If there is strong spark, and gas, all that is left is flooded engine, timing or the rotor/cap position. If you didn't take the distributor out, then it should be firing on #1. Check your spark wires again. The 7 o'clock position is very close to the 9 o'clock position, so if your wires were off, you may have put them back on, one position off. (I'm speaking from personal experience ) Also check that the notch in the cap is aligned with the notch in the distributor body. After checking for flooding and the rotor/cap/wire positions, then check the timing as per Don's approach (thread #12 above). You could also try the static light method, which I prefer because it is easier for me to find the timing sweet spot. The static light method: Remove the cap. Wire a light between the points (or where the power goes from the distributor to the coil) and ground. Turn the ignition key on. The light should be on (unless the points are in the open position). Use a wrench on the generator pulley nut to slowly turn the engine in the clockwise direction (when viewed from the front). Watch the light.

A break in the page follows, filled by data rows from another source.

-- ===== src/Pipeline/Hooks/Ledger.antt =====
-- What the hooks of a run take by the clock, next to what the `HookSet` of hooks.go has counted.
use backupy_agent.Prelude.{ℕ, ◌+◌, ◌-◌, ◌≡◌, refl, List, [], ◌∷◌, ◌++◌, leb, if◌then◌else◌, arith}
use backupy_agent.Prelude.Bytes.{Bytes, is_empty}
use backupy_agent.Prelude.Int.{pos}
use backupy_agent.Pipeline.Hooks.{
  hooks_total_budget, Shell, HookSet, limit_timeout, cap_timeout, run_hook, run_in_set,
}
use backupy_agent.Pipeline.Hooks.Limits.{exec_hook_keeps}

-- How long the shell works on a command, where so much of the budget counts as used.
unfoldable pub took_at : Shell → Bytes → HookSet → ℕ
took_at shell c used =
    if leb hooks_total_budget used
    then 0
    else (if is_empty c
        then 0
        else (shell c [] (limit_timeout (cap_timeout (hooks_total_budget - used) (pos 0)))).took)

-- How long it works on commands that are run one after the other, and what counts as used behind them.
unfoldable pub spent : Shell → List Bytes → HookSet → ℕ
unfolding took_at
spent shell [] used = 0
spent shell (c ∷ cs) used =
    took_at shell c used + spent shell cs (run_in_set shell c [] (pos 0) used).1

unfoldable pub used_after : Shell → List Bytes → HookSet → HookSet
used_after shell [] used = used
used_after shell (c ∷ cs) used = used_after shell cs (run_in_set shell c [] (pos 0) used).1

module _ (shell : Shell) where
  -- A hook is charged just what the shell took.
  run_in_set-took_at :
      (c : Bytes) (used : HookSet)
      → (run_in_set shell c [] (pos 0) used).1 ≡ used + took_at shell c used
  unfolding run_in_set run_hook took_at
  run_in_set-took_at c used =
      let t = limit_timeout (cap_timeout (hooks_total_budget - used) (pos 0)) in
      ground (arith, exec_hook_keeps shell c [] t)

  pub used_after-spent :
      (cs : List Bytes) (used : HookSet) → used_after shell cs used ≡ used + spent shell cs used
  unfolding used_after spent
  used_after-spent [] used = omega arith
  used_after-spent (c ∷ cs) used =
      omega (
        arith,
        run_in_set-took_at c used,
        used_after-spent cs (run_in_set shell c [] (pos 0) used).1,
      )

  pub used_after-append :
      (cs : List Bytes) (c : Bytes) (used : HookSet)
      → used_after shell (cs ++ (c ∷ [])) used
        ≡ (run_in_set shell c [] (pos 0) (used_after shell cs used)).1
  unfolding used_after
  used_after-append [] c used = refl
  used_after-append (d ∷ cs) c used = used_after-append cs c (run_in_set shell d [] (pos 0) used).1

When it goes out, the points have opened. That is the point where the field in the coil collapses, sending a high voltage spike to the cap, through the rotor to what ever plug the rotor is aligned to. This is the point where the spark plug would fire. Now check the timing mark. It should be aligned to the factory spec. If it is at the factory spec, the rotor should be in the 7 o'clock position for #1. If the timing mark is not aligned with the indicator, then continue to turn the engine in a clockwise fashion until it aligns to the correct mark, then rotate your distributor body in a clockwise direction until the light goes off. Secure the distributor (there are two ways to loosen the distributor--the bolt that holds the distributor to the engine block, and the friction fit bracket that fits on the distributor shaft housing). Make sure both are tight. On the 201, factory timing is for TDC. You'll find a better description, with pictures, of the static light process by googling it. Now check the rotor position and cap again. Are these aligned for the #1 wire? Hope you don't feel like we're piling up on you. These things can be very challenging!